First, as indicated by the model experiment, the movement of the strike-slip fault caused the pipe to undergo “S”-like antisymmetric deformation, with the maximum strain observed near the fault plane. The model test results consisted highly of the pipe’s axial strain distribution curves derived from the FEA and substantiated the finite element method’s accuracy concerning the representation of the maximum strain values and locations under the experimental conditions.

Second, as shown in the analysis with prototype-scale conditions, under prototype-scale conditions, the maximum tensile strain derived based on similarity ratio inverse modeling deviated by 17.73% from that derived from FEA, and the maximum compressive strain derived based on similarity ratio inverse modeling deviated by 15.04% from that derived from FEA. Meanwhile, under prototype-scale conditions, the location of the maximum tensile strain derived based on similarity ratio inverse modeling deviated by approximately 8.11% from that derived based on FEA, and the location of the maximum compressive strain derived based on similarity ratio inverse modeling deviated by 5.35% from that derived based on FEA. These findings substantiated the reliability of the model experiment as well as the accuracy of the finite element model this study built for cross-fault buried pipelines.

For large-diameter, full-scale pipelines, the experimental investigation of strain response presents significant challenges.
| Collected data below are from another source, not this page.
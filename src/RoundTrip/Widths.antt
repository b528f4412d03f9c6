-- ===== src/RoundTrip/Widths.antt =====
-- Numbers of 1, 2, 4 and 8 bytes, and their sign extension to 64 bits.
use breakpoint.Base.{ℕ, zero, suc, ◌+◌, ◌*◌, ◌%◌, ◌^◌, ◌<◌, ◌≡◌, ◌⊎◌, inl, inr, arith}
use breakpoint.Base.Bytes.{from_little_endian}
use native.Mathlib.Nat.{pow-suc}
use breakpoint.Memory.{Memory, load, load_bytes}
use breakpoint.Decoder.Values.{sign_extend}

-- A size that the ladders on `data_size` know.
abbrev pub IsWidth : ℕ → Type 0
IsWidth w = (w ≡ 1) ⊎ ((w ≡ 2) ⊎ ((w ≡ 4) ⊎ (w ≡ 8)))

-- Memory holds bytes.
abbrev pub IsBytes : Memory → Type 0
IsBytes m = (a : ℕ) → m a < 256

load_bytes-bound :
    (k a : ℕ) (m : Memory) → IsBytes m → from_little_endian (load_bytes k a m) < 256 ^ k
unfolding from_little_endian load_bytes
load_bytes-bound zero a m h = omega arith
load_bytes-bound (suc k) a m h = omega (arith, h a, load_bytes-bound k (a + 1) m h, pow-suc 256 k)

pub low_bits :
    (size x : ℕ) → IsWidth size → x < 256 ^ size → sign_extend (8 * size) x % 2 ^ (8 * size) ≡ x
low_bits size x (inl e) h = rw e (low x (rw e at h))
  where
    low : (x : ℕ) → x < 256 → sign_extend 8 x % 2 ^ 8 ≡ x
    low x h = ground arith
low_bits size x (inr (inl e)) h = rw e (low x (rw e at h))
  where
    low : (x : ℕ) → x < 256 ^ 2 → sign_extend 16 x % 2 ^ 16 ≡ x
    low x h = ground arith
low_bits size x (inr (inr (inl e))) h = rw e (low x (rw e at h))
  where
    low : (x : ℕ) → x < 256 ^ 4 → sign_extend 32 x % 2 ^ 32 ≡ x
    low x h = ground arith
low_bits size x (inr (inr (inr e))) h = rw e (low x (rw e at h))
  where
    low : (x : ℕ) → x < 256 ^ 8 → sign_extend 64 x % 2 ^ 64 ≡ x
    low x h = ground arith

pub sign_extend-lt :
    (size x : ℕ) → IsWidth size → x < 256 ^ size → sign_extend (8 * size) x < 2 ^ 64
sign_extend-lt size x (inl e) h = rw e (ground (arith, rw e at h))
sign_extend-lt size x (inr (inl e)) h = rw e (ground (arith, rw e at h))
sign_extend-lt size x (inr (inr (inl e))) h = rw e (ground (arith, rw e at h))
sign_extend-lt size x (inr (inr (inr e))) h = rw e (ground (arith, rw e at h))

pub load-bound : (size a : ℕ) (m : Memory) → IsBytes m → load size a m < 256 ^ size
unfolding load
load-bound size a m h = load_bytes-bound size a m h

pub width-lt : (size v : ℕ) → IsWidth size → v < 256 ^ size → v < 2 ^ 64
width-lt size v (inl e) h = omega (arith, rw e at h)
width-lt size v (inr (inl e)) h = omega (arith, rw e at h)
width-lt size v (inr (inr (inl e))) h = omega (arith, rw e at h)
width-lt size v (inr (inr (inr e))) h = omega (arith, rw e at h)

-- The cast to int32_t in pb_dec_varint keeps a number of at most four bytes.
pub sign_extend-again :
    (size x : ℕ)
    → (size ≡ 1) ⊎ ((size ≡ 2) ⊎ (size ≡ 4))
    → x < 256 ^ size
    → sign_extend 32 (sign_extend (8 * size) x % 2 ^ 32) ≡ sign_extend (8 * size) x
sign_extend-again size x (inl e) h = rw e (again x (rw e at h))
  where
    again : (x : ℕ) → x < 256 → sign_extend 32 (sign_extend 8 x % 2 ^ 32) ≡ sign_extend 8 x
    again x h = ground arith
sign_extend-again size x (inr (inl e)) h = rw e (again x (rw e at h))
  where
    again : (x : ℕ) → x < 256 ^ 2 → sign_extend 32 (sign_extend 16 x % 2 ^ 32) ≡ sign_extend 16 x
    again x h = ground arith
sign_extend-again size x (inr (inr e)) h = rw e (again x (rw e at h))
  where
    again : (x : ℕ) → x < 256 ^ 4 → sign_extend 32 (sign_extend 32 x % 2 ^ 32) ≡ sign_extend 32 x
    again x h = ground arith
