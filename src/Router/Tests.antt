-- ===== src/Router/Tests.antt =====
-- The router on a table of two routes, 10.0.0.0/8 to 1 and 10.0.0.2/32 to 2.
use go_vnet.Base.{
  ℕ, codes, ◌≡◌, refl, Bool, true, false, Option, none, some, List, [], ◌∷◌, ◌++◌, arith, ◌==◌,
  length, replicate, if◌then◌else◌,
}
use go_vnet.Router.{
  Router, IpNet, Text, insert_ipv4, insert_ipv6, lookup_ipv4, lookup_ipv6, new_router, visit,
  lookup_loop, insert_loop, register, unregister, to4, bit_at, is_nil,
}
use go_vnet.Router.Table.{path, entry, bits_eq}
use go_vnet.Router.Lookup.{IsLongestMatch, lookup_ipv4-IsLongestMatch}
use go_vnet.Router.Updates.{inet, register-entry, unregister-entry}
use go_vnet.Router.Cidr.{prefix_to_cidr}
use go_vnet.Router.Packets.{route_batch, count_routed, Routed, route_batch-Routed}
use go_vnet.Router.Listing.{collect_routes, collect_md5, keys, range, md5_input}

abbrev wide : IpNet
wide = record { ip = 10 ∷ 0 ∷ 0 ∷ 0 ∷ []; ones = 8 }

abbrev host : IpNet
host = record { ip = 10 ∷ 0 ∷ 0 ∷ 2 ∷ []; ones = 32 }

-- `net.ParseCIDR` at two texts, "w" and "h"
abbrev parse_cidr : Text → Option IpNet
parse_cidr (b ∷ []) = if b == b'w' then some wide else some host
parse_cidr _ = none

abbrev parse_ip : Text → Option (List ℕ)
parse_ip (b ∷ []) = some (10 ∷ 0 ∷ 0 ∷ b ∷ [])
parse_ip _ = none

get_router : Option (Router ℕ) → Router ℕ
unfolding new_router
get_router (some r) = r
get_router none = new_router

-- registered in turn
with_wide : Router ℕ
unfolding get_router register insert_ipv4 insert_loop new_router to4 bit_at
with_wide = get_router (register parse_cidr new_router (b'w' ∷ []) 1)

with_both : Router ℕ
unfolding get_router register insert_ipv4 insert_loop with_wide to4 bit_at
with_both = get_router (register parse_cidr with_wide (b'h' ∷ []) 2)

listed : keys with_both ≡ codes "10.0.0.0/8" ∷ codes "10.0.0.2/32" ∷ []
unfolding keys range with_both collect_routes prefix_to_cidr visit
listed = refl

-- a host inside the wide route, and one outside
found_wide : lookup_ipv4 with_both (10 ∷ 0 ∷ 0 ∷ 7 ∷ []) ≡ some (some 1)
unfolding lookup_ipv4 with_both lookup_loop bit_at
found_wide = refl

missed : lookup_ipv4 with_both (11 ∷ 0 ∷ 0 ∷ 2 ∷ []) ≡ some none
unfolding lookup_ipv4 with_both lookup_loop bit_at
missed = refl

-- `Register` of a mask longer than its 4-byte address runs past the address: a panic.
mapped_prefix_panics : insert_ipv4 {V = ℕ} new_router (10 ∷ 0 ∷ 0 ∷ 2 ∷ []) 120 1 ≡ none
unfolding insert_ipv4 insert_loop bit_at new_router
mapped_prefix_panics = refl

-- Two tables with one digest: 0.0.0.0/1 with 0.0.0.0/2, and 0.0.0.0/3.
abbrev zeros : List ℕ
zeros = 0 ∷ 0 ∷ 0 ∷ 0 ∷ []

same_digest :
    md5_input (get_router (insert_ipv4 (get_router (insert_ipv4 new_router zeros 1 1)) zeros 2 1))
    ≡ md5_input (get_router (insert_ipv4 new_router zeros 3 1))
unfolding md5_input get_router insert_ipv4 insert_loop bit_at new_router collect_md5 visit
same_digest = refl

-- An IPv6 route of 128 bits is found by a lookup and is not listed.
abbrev loopback : List ℕ
loopback = replicate 15 0 ++ 1 ∷ []

with_loopback : Router ℕ
unfolding get_router insert_ipv6 new_router
with_loopback = get_router (insert_ipv6 new_router loopback 128 9)

host_unlisted : (lookup_ipv6 with_loopback loopback ≡ some (some 9)) × (keys with_loopback ≡ [])
unfolding lookup_ipv6 lookup_loop with_loopback insert_loop bit_at keys range collect_routes visit
host_unlisted = (refl, refl)

lookup_ipv4-IsLongestMatch_example :
    (bs : List Bool) × (o : Option ℕ) × (path 32 0 (10 ∷ 0 ∷ 0 ∷ 7 ∷ []) ≡ some bs)
    × (length bs ≡ 32)
    × (lookup_ipv4 with_both (10 ∷ 0 ∷ 0 ∷ 7 ∷ []) ≡ some o)
    × IsLongestMatch (entry with_both.v4) bs o
lookup_ipv4-IsLongestMatch_example = lookup_ipv4-IsLongestMatch with_both (10 ∷ 0 ∷ 0 ∷ 7 ∷ []) refl

register-entry_example :
    (p : List Bool) × (r' : Router ℕ) × (path 32 0 host.ip ≡ some p)
    × (register parse_cidr with_wide (b'h' ∷ []) 2 ≡ some r')
    × ((q : List Bool) → entry r'.v4 q ≡ (if bits_eq p q then some 2 else entry with_wide.v4 q))
    × (r'.v6 ≡ with_wide.v6)
unfolding with_wide to4 is_nil
register-entry_example =
    register-entry parse_cidr with_wide (b'h' ∷ []) 2 host inet host.ip refl
      (refl, refl, omega arith) refl

unregister-entry_example :
    (p : List Bool) × (r' : Router ℕ) × (path 32 0 host.ip ≡ some p)
    × (unregister parse_cidr with_both (b'h' ∷ []) ≡ some r')
    × ((q : List Bool) → entry r'.v4 q ≡ (if bits_eq p q then none else entry with_both.v4 q))
    × (r'.v6 ≡ with_both.v6)
unfolding to4
unregister-entry_example =
    unregister-entry parse_cidr with_both (b'h' ∷ []) host inet host.ip refl
      (refl, refl, omega arith)

abbrev host_bits : List Bool
host_bits =
    false
    ∷ false
    ∷ false
    ∷ false
    ∷ true
    ∷ false
    ∷ true
    ∷ false
    ∷ (replicate 22 false ++ true ∷ false ∷ [])

abbrev packet : List ℕ
packet = 0x45 ∷ (replicate 15 0 ++ 10 ∷ 0 ∷ 0 ∷ 2 ∷ [])

route_batch-Routed_example :
    (ts : List (Option ℕ)) × (route_batch with_both (packet ∷ [] ∷ []) ≡ some (ts, count_routed ts))
    × Routed with_both (packet ∷ [] ∷ []) ts
route_batch-Routed_example = route_batch-Routed with_both (packet ∷ [] ∷ [])

-- one host route each, to different targets
one_route : Router ℕ
unfolding get_router insert_ipv4 new_router
one_route = get_router (insert_ipv4 new_router host.ip 32 1)

other_route : Router ℕ
unfolding get_router insert_ipv4 new_router
other_route = get_router (insert_ipv4 new_router host.ip 32 5)
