-- ===== src/Server/Forwarding.antt =====
-- What `Server.proxy` of vnet/server/server.go counts of the bytes it forwards.
use go_vnet.Base.{
  ℕ, suc, ◌+◌, ◌%◌, ◌^◌, ◌≤◌, ◌≡◌, refl, ap, Bool, true, false, List, [], ◌∷◌, arith, take, ltb,
  ltb→le, if◌then◌else◌,
}
use go_vnet.Quota.{AddResult, added, quota_exceeded}
use go_vnet.Server.{
  add_uint64, Usage, ReadEnd, more, eof, read_failed, Chunk, Proxied, count_tx, count_rx, charge,
  after_read, stop_over_quota, stop_write_error, receive_chunk, send_chunk, proxy,
}

-- the bytes that are read, and those of them that the destination takes
abbrev pub read_bytes : List Chunk → ℕ
read_bytes [] = 0
read_bytes (c ∷ chunks) = c.nr + read_bytes chunks

abbrev pub taken : Chunk → ℕ
taken c = if ltb 0 c.nr then c.nw else 0

abbrev pub taken_bytes : List Chunk → ℕ
taken_bytes [] = 0
taken_bytes (c ∷ chunks) = taken c + taken_bytes chunks

-- The sender has counted the first `k` chunks, the receiver the first `j`, and `written` the first
-- `i`.
abbrev pub IsCounted : List Chunk → ℕ → ℕ → ℕ → Proxied → Type 0
IsCounted chunks tx rx written p =
    (i : ℕ) × (j : ℕ) × (k : ℕ) × (p.src.metrics.tx_bytes % 2 ^ 64
      ≡ (tx + read_bytes (take k chunks)) % 2 ^ 64)
    × (p.dst.metrics.rx_bytes % 2 ^ 64 ≡ (rx + taken_bytes (take j chunks)) % 2 ^ 64)
    × (p.written ≡ written + taken_bytes (take i chunks))
    × (i ≤ j)
    × (j ≤ k)
    × (k ≤ i + 1)

after_read-IsCounted :
    (e : ReadEnd) (c : Chunk) (chunks : List Chunk) (tx rx written w : ℕ) (src dst : Usage)
    (rest : Proxied)
    → src.metrics.tx_bytes % 2 ^ 64 ≡ (tx + c.nr) % 2 ^ 64
    → dst.metrics.rx_bytes % 2 ^ 64 ≡ (rx + taken c) % 2 ^ 64
    → w ≡ written + taken c
    → IsCounted chunks src.metrics.tx_bytes dst.metrics.rx_bytes w rest
    → IsCounted (c ∷ chunks) tx rx written (after_read e src dst w rest)
unfolding after_read
after_read-IsCounted more c chunks tx rx written w src dst rest s d h
      (i, j, k, ks, js, is, a, b, l) =
    (
      suc i,
      suc j,
      suc k,
      omega (arith, s, ks),
      omega (arith, d, js),
      omega (arith, h, is),
      omega (arith, a),
      omega (arith, b),
      omega (arith, l),
    )
after_read-IsCounted eof c chunks tx rx written w src dst rest s d h counted = (
  1,
  1,
  1,
  omega (arith, s),
  omega (arith, d),
  omega (arith, h),
  omega arith,
  omega arith,
  omega arith,
)
after_read-IsCounted read_failed c chunks tx rx written w src dst rest s d h counted = (
  1,
  1,
  1,
  omega (arith, s),
  omega (arith, d),
  omega (arith, h),
  omega arith,
  omega arith,
  omega arith,
)

-- what the next rounds come to, once the chunk has been counted
abbrev IsNext : Chunk → List Chunk → ℕ → ℕ → ℕ → (Usage → Usage → ℕ → Proxied) → Type 0
IsNext c chunks tx rx written next =
    (src dst : Usage) (w : ℕ)
    → src.metrics.tx_bytes % 2 ^ 64 ≡ (tx + c.nr) % 2 ^ 64
    → dst.metrics.rx_bytes % 2 ^ 64 ≡ (rx + taken c) % 2 ^ 64
    → w ≡ written + taken c
    → IsCounted (c ∷ chunks) tx rx written (next src dst w)

either : (B : Bool → Type 0) → B true → B false → (b : Bool) → B b
either B t f true = t
either B t f false = f

receive_chunk-IsCounted :
    (c : Chunk) (chunks : List Chunk) (tx rx written : ℕ) (src dst : Usage) (answer : AddResult)
    (next : Usage → Usage → ℕ → Proxied)
    → ltb 0 c.nr ≡ true
    → src.metrics.tx_bytes % 2 ^ 64 ≡ (tx + c.nr) % 2 ^ 64
    → dst.metrics.rx_bytes ≡ rx
    → IsNext c chunks tx rx written next
    → IsCounted (c ∷ chunks) tx rx written (receive_chunk c src (dst, answer) written (next src))
unfolding receive_chunk stop_over_quota stop_write_error count_rx
receive_chunk-IsCounted c chunks tx rx written src dst quota_exceeded next some_bytes s d go = (
  0,
  0,
  1,
  omega (arith, s),
  omega (arith, d),
  omega arith,
  omega arith,
  omega arith,
  omega arith,
)
receive_chunk-IsCounted c chunks tx rx written src dst added next some_bytes s d go =
    let all : taken c ≡ c.nw = ap (λ b. if b then c.nw else 0) some_bytes in
    let counted : add_uint64 c.nw dst.metrics.rx_bytes % 2 ^ 64 ≡ (rx + taken c) % 2 ^ 64 =
      omega (arith, d, all) in
    let done = count_rx c.nw dst in
    let ended = λ (b : Bool).
      if b then stop_write_error src done written else next src done (written + c.nw) in
    let stopped : IsCounted (c ∷ chunks) tx rx written (ended true) = (
      0,
      1,
      1,
      omega (arith, s),
      omega (arith, counted),
      omega arith,
      omega arith,
      omega arith,
      omega arith,
    ) in
    let goes_on = go src done (written + c.nw) s counted (omega (arith, all)) in
    either (λ b. IsCounted (c ∷ chunks) tx rx written (ended b)) stopped goes_on c.write_fails

send_chunk-IsCounted :
    (c : Chunk) (chunks : List Chunk) (tx rx written : ℕ) (src dst : Usage) (answer : AddResult)
    (next : Usage → Usage → ℕ → Proxied)
    → ltb 0 c.nr ≡ true
    → src.metrics.tx_bytes % 2 ^ 64 ≡ (tx + c.nr) % 2 ^ 64
    → dst.metrics.rx_bytes ≡ rx
    → IsNext c chunks tx rx written next
    → IsCounted (c ∷ chunks) tx rx written (send_chunk c (src, answer) dst written next)
unfolding send_chunk stop_over_quota charge
send_chunk-IsCounted c chunks tx rx written src dst quota_exceeded next some_bytes s d go = (
  0,
  0,
  1,
  omega (arith, s),
  omega (arith, d),
  omega arith,
  omega arith,
  omega arith,
  omega arith,
)
send_chunk-IsCounted c chunks tx rx written src dst added next some_bytes s d go =
    receive_chunk-IsCounted c chunks tx rx written src (charge c.nw dst).0 (charge c.nw dst).1 next
      some_bytes s d go

chunk-IsCounted :
    (c : Chunk) (chunks : List Chunk) (src dst : Usage) (written : ℕ) (b : Bool)
    → ltb 0 c.nr ≡ b
    → ((s d : Usage) (w : ℕ)
        → IsCounted chunks s.metrics.tx_bytes d.metrics.rx_bytes w (proxy chunks s d w))
    → let next = λ (s d : Usage) (w : ℕ). after_read c.read_end s d w (proxy chunks s d w) in
      IsCounted (c ∷ chunks) src.metrics.tx_bytes dst.metrics.rx_bytes written (
        if b
        then send_chunk c (charge c.nr (count_tx c.nr src)) dst written next
        else next src dst written)
unfolding charge count_tx
chunk-IsCounted c chunks src dst written true some_bytes go =
    let sender = count_tx c.nr src in
    send_chunk-IsCounted c chunks src.metrics.tx_bytes dst.metrics.rx_bytes written
      (charge c.nr sender).0 dst (charge c.nr sender).1
      (λ s d w. after_read c.read_end s d w (proxy chunks s d w)) some_bytes (omega arith) refl
      λ s d w hs hd hw.
        after_read-IsCounted c.read_end c chunks src.metrics.tx_bytes dst.metrics.rx_bytes written w
          s d (proxy chunks s d w) hs hd hw (go s d w)
chunk-IsCounted c chunks src dst written false nothing go =
    let none_taken : taken c ≡ 0 = ap (λ b. if b then c.nw else 0) nothing in
    let empty : c.nr ≤ 0 = ltb→le 0 c.nr nothing in
    after_read-IsCounted c.read_end c chunks src.metrics.tx_bytes dst.metrics.rx_bytes written
      written src dst (proxy chunks src dst written) (omega (arith, empty))
      (omega (arith, none_taken)) (omega (arith, none_taken)) (go src dst written)

-- The counters of `proxy` agree: the sender's is the bytes that were read, up to its wrap-around,
-- the receiver's and `written` the bytes that the destination took, all for the first chunks; and
-- where they count different numbers of chunks it is the last one, which the sender has counted
-- before the receiver and the receiver before `written`.
pub proxy-IsCounted :
    (chunks : List Chunk) (src dst : Usage) (written : ℕ)
    → IsCounted chunks src.metrics.tx_bytes dst.metrics.rx_bytes written
        (proxy chunks src dst written)
unfolding proxy
proxy-IsCounted [] src dst written =
    (0, 0, 0, omega arith, omega arith, omega arith, omega arith, omega arith, omega arith)
proxy-IsCounted (c ∷ chunks) src dst written =
    chunk-IsCounted c chunks src dst written (ltb 0 c.nr) refl λ s d w. proxy-IsCounted chunks s d w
FEA provides an effective alternative for predicting strain behavior in fracture zones. The current research methodology involves three mutually validating components: (1) establishing a 1:1 finite element model based on the experimental setup, (2) verifying the finite element model’s accuracy through experimental results, and (3) developing a prototype-scale finite element model using similarity theory. This validated finite element model can be extended to predict the behavior of full-scale pipelines under actual working conditions and further serve as a foundation for simulating more complex scenarios. However, compared with the test conditions in this study, the situation in practice is more complex, and there are many factors to consider, so there are still many aspects of this study that could be explored further. However, compared to the model test conditions, the actual operating conditions are more severe, and thus this study has certain limitations. For example, The model test of this study is large and only considers the case of 90° strike-slip faults, and different forms of displacement such as oblique faults can be considered in the follow-up; the model test did not consider the influence of internal pressure in practical applications, so the follow-up work could investigate this in more detail.